> [Provided records]

- Opening Delimiter -

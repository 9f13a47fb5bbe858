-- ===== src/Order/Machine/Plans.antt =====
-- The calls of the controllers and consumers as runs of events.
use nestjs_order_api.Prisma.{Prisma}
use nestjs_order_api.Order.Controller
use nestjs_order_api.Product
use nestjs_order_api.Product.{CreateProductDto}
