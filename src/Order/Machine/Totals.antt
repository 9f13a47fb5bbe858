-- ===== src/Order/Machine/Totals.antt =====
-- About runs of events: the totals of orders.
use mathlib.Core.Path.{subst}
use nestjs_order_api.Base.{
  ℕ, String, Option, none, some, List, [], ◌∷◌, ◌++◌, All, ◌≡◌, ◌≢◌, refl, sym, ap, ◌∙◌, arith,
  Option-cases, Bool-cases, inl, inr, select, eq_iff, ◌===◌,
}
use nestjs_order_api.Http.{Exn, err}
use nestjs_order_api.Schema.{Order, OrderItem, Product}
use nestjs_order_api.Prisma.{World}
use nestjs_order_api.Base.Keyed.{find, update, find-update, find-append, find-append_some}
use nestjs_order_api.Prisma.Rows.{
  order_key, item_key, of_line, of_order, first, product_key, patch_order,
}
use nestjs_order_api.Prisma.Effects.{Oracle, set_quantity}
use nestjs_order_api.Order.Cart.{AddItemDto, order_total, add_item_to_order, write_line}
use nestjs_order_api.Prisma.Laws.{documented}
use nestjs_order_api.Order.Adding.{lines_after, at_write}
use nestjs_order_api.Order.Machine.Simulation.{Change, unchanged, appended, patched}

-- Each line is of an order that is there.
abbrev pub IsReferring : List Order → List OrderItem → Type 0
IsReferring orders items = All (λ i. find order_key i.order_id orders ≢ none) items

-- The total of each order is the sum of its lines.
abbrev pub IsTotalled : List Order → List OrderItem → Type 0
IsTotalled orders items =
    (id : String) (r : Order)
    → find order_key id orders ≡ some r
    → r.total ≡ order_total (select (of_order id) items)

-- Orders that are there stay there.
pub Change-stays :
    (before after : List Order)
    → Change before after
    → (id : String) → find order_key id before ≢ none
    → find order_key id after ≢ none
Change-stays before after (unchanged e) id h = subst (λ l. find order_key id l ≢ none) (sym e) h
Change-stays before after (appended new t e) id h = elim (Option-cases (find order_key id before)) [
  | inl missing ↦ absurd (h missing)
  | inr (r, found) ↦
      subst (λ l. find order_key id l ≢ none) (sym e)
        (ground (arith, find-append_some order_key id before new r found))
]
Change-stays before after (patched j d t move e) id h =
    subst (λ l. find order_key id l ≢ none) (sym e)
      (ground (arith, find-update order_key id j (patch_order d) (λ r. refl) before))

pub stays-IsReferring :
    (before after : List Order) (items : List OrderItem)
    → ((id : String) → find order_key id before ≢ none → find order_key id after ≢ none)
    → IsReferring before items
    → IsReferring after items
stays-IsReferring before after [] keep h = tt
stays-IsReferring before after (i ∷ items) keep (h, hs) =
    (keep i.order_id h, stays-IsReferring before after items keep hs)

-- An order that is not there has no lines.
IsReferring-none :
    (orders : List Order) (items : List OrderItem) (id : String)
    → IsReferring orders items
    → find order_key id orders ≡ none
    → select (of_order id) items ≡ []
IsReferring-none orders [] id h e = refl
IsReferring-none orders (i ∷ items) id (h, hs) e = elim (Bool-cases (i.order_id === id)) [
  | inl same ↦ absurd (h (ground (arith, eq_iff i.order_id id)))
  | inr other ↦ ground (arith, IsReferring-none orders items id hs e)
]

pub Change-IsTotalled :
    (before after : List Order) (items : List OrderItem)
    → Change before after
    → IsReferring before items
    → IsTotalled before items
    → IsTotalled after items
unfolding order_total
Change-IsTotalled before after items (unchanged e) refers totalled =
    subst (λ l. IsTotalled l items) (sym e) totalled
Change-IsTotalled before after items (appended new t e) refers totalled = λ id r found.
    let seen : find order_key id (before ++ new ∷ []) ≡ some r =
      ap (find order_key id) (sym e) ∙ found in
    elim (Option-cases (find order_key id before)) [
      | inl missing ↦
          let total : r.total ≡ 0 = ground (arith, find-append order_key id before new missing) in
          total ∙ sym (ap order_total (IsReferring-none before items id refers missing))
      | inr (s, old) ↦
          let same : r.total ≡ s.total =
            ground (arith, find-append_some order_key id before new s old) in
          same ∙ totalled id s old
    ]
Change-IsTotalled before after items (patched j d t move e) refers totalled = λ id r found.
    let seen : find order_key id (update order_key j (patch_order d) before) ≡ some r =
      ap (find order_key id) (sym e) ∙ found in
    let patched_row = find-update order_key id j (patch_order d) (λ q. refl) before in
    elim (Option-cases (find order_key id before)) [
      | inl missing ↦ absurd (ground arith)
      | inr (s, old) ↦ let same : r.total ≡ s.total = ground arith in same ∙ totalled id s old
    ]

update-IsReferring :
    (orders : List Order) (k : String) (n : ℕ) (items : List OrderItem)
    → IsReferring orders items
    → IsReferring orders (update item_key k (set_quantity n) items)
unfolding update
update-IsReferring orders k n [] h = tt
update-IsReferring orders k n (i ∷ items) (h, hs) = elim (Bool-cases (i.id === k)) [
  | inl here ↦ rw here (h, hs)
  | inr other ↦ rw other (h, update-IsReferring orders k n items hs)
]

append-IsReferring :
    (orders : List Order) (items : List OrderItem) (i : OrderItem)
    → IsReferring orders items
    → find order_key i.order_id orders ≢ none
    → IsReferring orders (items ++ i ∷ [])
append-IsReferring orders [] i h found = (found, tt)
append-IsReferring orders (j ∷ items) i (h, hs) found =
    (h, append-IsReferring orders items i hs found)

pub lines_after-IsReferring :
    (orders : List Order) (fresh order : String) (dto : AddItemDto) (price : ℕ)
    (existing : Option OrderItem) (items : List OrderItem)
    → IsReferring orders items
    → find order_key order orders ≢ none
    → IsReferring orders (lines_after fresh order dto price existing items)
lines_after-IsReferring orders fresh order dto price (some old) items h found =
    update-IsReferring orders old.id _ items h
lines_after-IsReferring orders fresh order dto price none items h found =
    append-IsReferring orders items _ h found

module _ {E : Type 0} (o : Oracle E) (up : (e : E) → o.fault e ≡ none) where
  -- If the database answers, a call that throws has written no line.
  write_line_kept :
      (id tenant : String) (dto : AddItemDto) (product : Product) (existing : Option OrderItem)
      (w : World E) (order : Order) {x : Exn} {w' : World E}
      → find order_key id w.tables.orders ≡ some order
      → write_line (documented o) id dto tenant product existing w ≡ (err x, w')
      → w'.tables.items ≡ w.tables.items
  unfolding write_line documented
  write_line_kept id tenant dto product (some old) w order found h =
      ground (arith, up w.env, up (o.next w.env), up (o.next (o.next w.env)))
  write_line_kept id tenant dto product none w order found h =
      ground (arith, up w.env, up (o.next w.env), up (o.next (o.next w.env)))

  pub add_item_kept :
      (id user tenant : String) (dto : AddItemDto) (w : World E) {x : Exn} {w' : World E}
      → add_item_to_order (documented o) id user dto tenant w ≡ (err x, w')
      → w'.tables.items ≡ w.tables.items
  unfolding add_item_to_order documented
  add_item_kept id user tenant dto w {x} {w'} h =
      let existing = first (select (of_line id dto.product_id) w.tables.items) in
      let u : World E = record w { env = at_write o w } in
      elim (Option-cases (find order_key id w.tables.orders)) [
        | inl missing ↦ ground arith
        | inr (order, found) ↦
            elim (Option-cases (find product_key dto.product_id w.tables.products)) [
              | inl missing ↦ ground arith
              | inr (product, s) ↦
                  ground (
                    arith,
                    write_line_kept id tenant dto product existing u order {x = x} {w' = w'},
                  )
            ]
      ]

- Closing Delimiter -

> [Your goal] Go through the listing above and write out exactly the lines starting with the one holding "append-IsReferring orders []" and running through the one holding "order orders ≢ none", ends included, and no others.

> [Output]
append-IsReferring orders [] i h found = (found, tt)
append-IsReferring orders (j ∷ items) i (h, hs) found =
    (h, append-IsReferring orders items i hs found)

pub lines_after-IsReferring :
    (orders : List Order) (fresh order : String) (dto : AddItemDto) (price : ℕ)
    (existing : Option OrderItem) (items : List OrderItem)
    → IsReferring orders items
    → find order_key order orders ≢ none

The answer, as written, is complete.